M2-CLIP: A Multimodal, Multi-task Adapting Framework for Video Action Recognition
This work addresses the problem of improving generalization in video action recognition for researchers and practitioners, though it is incremental as it builds on existing CLIP and PEFT technologies.
The paper tackles the challenge of balancing strong supervised performance with generalization in video action recognition by introducing M2-CLIP, a multimodal, multi-task adapting framework that enhances temporal representation and semantic learning, achieving exceptional supervised performance and robust zero-shot generalization.
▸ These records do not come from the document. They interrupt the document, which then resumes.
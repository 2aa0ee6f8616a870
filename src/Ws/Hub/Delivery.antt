-- ===== src/Ws/Hub/Delivery.antt =====
-- Whom the hub's notifications reach (internal/ws/hub.go).
use domus.Prelude.{
  ℕ, ◌<◌, ◌∷◌, ◌++◌, false, refl, trim_space, trim_right, trim_left_from, space_width, is_space,
  Text, str_eq, str_eq_refl, true, ◌≡◌, ◌≢◌, sym, ◌∙◌, ap, Option-cases, inl, inr, none, some, [],
  All, arith, if◌then◌else◌,
}
use domus.Dict.{lookup}
use domus.Dict.Lookup.{lookup-insert}
use domus.Dict.Holds.{Holds}
use domus.Model.Keys.{separated}
use domus.Ws.Hub.{Conn, Hub, directory_subscription_key, subscribe, unregister, notify_directory}
use domus.Ws.Hub.Nested.{lookup_in, lookup_in-store_in}
use domus.Ws.Hub.Invariant.{Reachable, Reachable-IsWf, unregister-IsWf, IsWf}

-- The id holds only visible ASCII characters, as those of package uuid do.
abbrev pub IsVisible : Text → Type 0
IsVisible u = All (λ c. (32 < c) × (c < 128)) u

width_of_visible : (c : ℕ) (s : Text) → 32 < c → c < 128 → space_width (c ∷ s) ≡ 0
unfolding space_width
width_of_visible c [] h k = ground arith
width_of_visible c (x ∷ []) h k = ground arith
width_of_visible c (x ∷ y ∷ s) h k = ground arith

no_space : (c : ℕ) (s : Text) → 32 < c → c < 128 → is_space (c ∷ s) ≡ false
unfolding is_space
no_space c [] h k = ground arith
no_space c (x ∷ []) h k = ground arith
no_space c (x ∷ y ∷ []) h k = ground arith
no_space c (x ∷ y ∷ z ∷ s) h k = refl

trim_right_visible : (u : Text) → IsVisible u → trim_right u ≡ u
unfolding trim_right
trim_right_visible [] h = refl
trim_right_visible (c ∷ s) h = rw (trim_right_visible s h.1, no_space c s h.0.0 h.0.1) refl

trim_left_visible : (u : Text) → IsVisible u → trim_left_from 0 u ≡ u
unfolding trim_left_from
trim_left_visible [] h = refl
trim_left_visible (c ∷ s) h = rw (width_of_visible c s h.0.0 h.0.1, trim_left_from) refl

trim_space_visible : (u : Text) → IsVisible u → trim_space u ≡ u
unfolding trim_space
trim_space_visible u h = ap trim_right (trim_left_visible u h) ∙ trim_right_visible u h

NoNul-visible : (u : Text) → IsVisible u → All (λ c. c ≢ 0) u
NoNul-visible [] h = tt
NoNul-visible (c ∷ s) h = (ground (arith, h.0.0), NoNul-visible s h.1)

key-injective :
    (u v p q : Text)
    → IsVisible u
    → IsVisible v
    → directory_subscription_key u p ≡ directory_subscription_key v q
    → (u ≡ v) × (p ≡ q)
unfolding directory_subscription_key
key-injective u v p q a b e = separated 0 u v p q (NoNul-visible u a) (NoNul-visible v b) (
    ap (λ x. x ++ (0 ∷ p)) (sym (trim_space_visible u a))
    ∙ (e ∙ ap (λ x. x ++ (0 ∷ q)) (trim_space_visible v b)))

-- In every state that the hub can reach, a notification for a user's directory, where the ids of
-- that user and of the users of all connections hold only visible ASCII characters, is sent only
-- to connections of that user that are subscribed to that directory.
pub notify_directory_sound :
    (user path i j : Text) (h : Hub)
    → Reachable h
    → IsVisible user
    → Holds (λ _ c. IsVisible c.user_id) h.objects
    → lookup i (notify_directory user path h) ≡ some j
    → (i ≡ j)
      × ((c : Conn) × (lookup i h.objects ≡ some c)
          × (c.user_id ≡ user)
          × (lookup path c.subs ≡ some true))
unfolding notify_directory
notify_directory_sound user path i j h r a b l =
    let (e, (c, p, o, k, t)) = Reachable-IsWf h r (directory_subscription_key user path) i j l in
    let (same, here) = key-injective user c.user_id path p a (b i c o) k in
    (e, (c, o, sym same, ap (λ x. lookup x c.subs) here ∙ t))

-- A connection that subscribes is sent what is sent for the directory, and whoever was before.
notify_directory-subscribe :
    (path id i : Text) (h : Hub) (c : Conn)
    → lookup id h.objects ≡ some c
    → lookup i (notify_directory c.user_id path (subscribe path id h))
      ≡ (if str_eq id i then some id else lookup i (notify_directory c.user_id path h))
unfolding notify_directory subscribe
notify_directory-subscribe path id i h c o =
    let key = directory_subscription_key c.user_id path in
    rw (o, subscribe) (ground (arith, lookup_in-store_in key i key id h.dir_subs, str_eq_refl key))

-- A connection that was unregistered has no subscriptions.
unregistered :
    (id : Text) (h : Hub) (c : Conn) → lookup id (unregister id h).objects ≡ some c → c.subs ≡ []
unfolding unregister
unregistered id h c = elim (Option-cases (lookup id h.objects)) [
  | inl n ↦ rw (n, unregister) (λ s. absurd (ground (arith, n, s)))
  | inr (d, o) ↦
      rw (o, unregister)
        (λ s.
          let shown = lookup-insert id id (record d { subs = [] }) h.objects in
          let same : record d { subs = [] } ≡ c = ground (arith, shown, s, str_eq_refl id) in
          sym (ap (λ (x : Conn). x.subs) same))
]

not_subscribed :
    (k id j : Text) (h : Hub) → IsWf h → lookup_in k id (unregister id h).dir_subs ≢ some j
unfolding lookup
not_subscribed k id j h w s =
    let (e, (c, p, o, key, t)) = unregister-IsWf id h w k id j s in
    absurd (ground (arith, sym (ap (lookup p) (unregistered id h c o)) ∙ t))

-- In every state that the hub can reach, a connection that is unregistered is sent no
-- notification for any user and directory.
notify_directory-unregister :
    (user path id : Text) (h : Hub)
    → Reachable h
    → lookup id (notify_directory user path (unregister id h)) ≡ none
unfolding notify_directory
notify_directory-unregister user path id h r =
    elim (Option-cases
      (lookup_in (directory_subscription_key user path) id (unregister id h).dir_subs)) [
        | inl n ↦ n
        | inr (j, s) ↦ absurd (not_subscribed _ id j h (Reachable-IsWf h r) s)
      ]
Recently, the rise of large-scale vision-language pretrained models like CLIP, coupled with the technology of Parameter-Efficient FineTuning (PEFT), has captured substantial attraction in video action recognition. Nevertheless, prevailing approaches tend to prioritize strong supervised performance at the expense of compromising the models' generalization capabilities during transfer. In this paper, we introduce a novel Multimodal, Multi-task CLIP adapting framework named \name to address these challenges, preserving both high supervised performance and robust transferability. Firstly, to enhance the individual modality architectures, we introduce multimodal adapters to both the visual and text branches. Specifically, we design a novel visual TED-Adapter, that performs global Temporal Enhancement and local temporal Difference modeling to improve the temporal representation capabilities of the visual encoder. Moreover, we adopt text encoder adapters to strengthen the learning of semantic label information. Secondly, we design a multi-task decoder with a rich set of supervisory signals to adeptly satisfy the need for strong supervised performance and generalization within a multimodal framework. Experimental results validate the efficacy of our approach, demonstrating exceptional performance in supervised learning while maintaining strong generalization in zero-shot scenarios.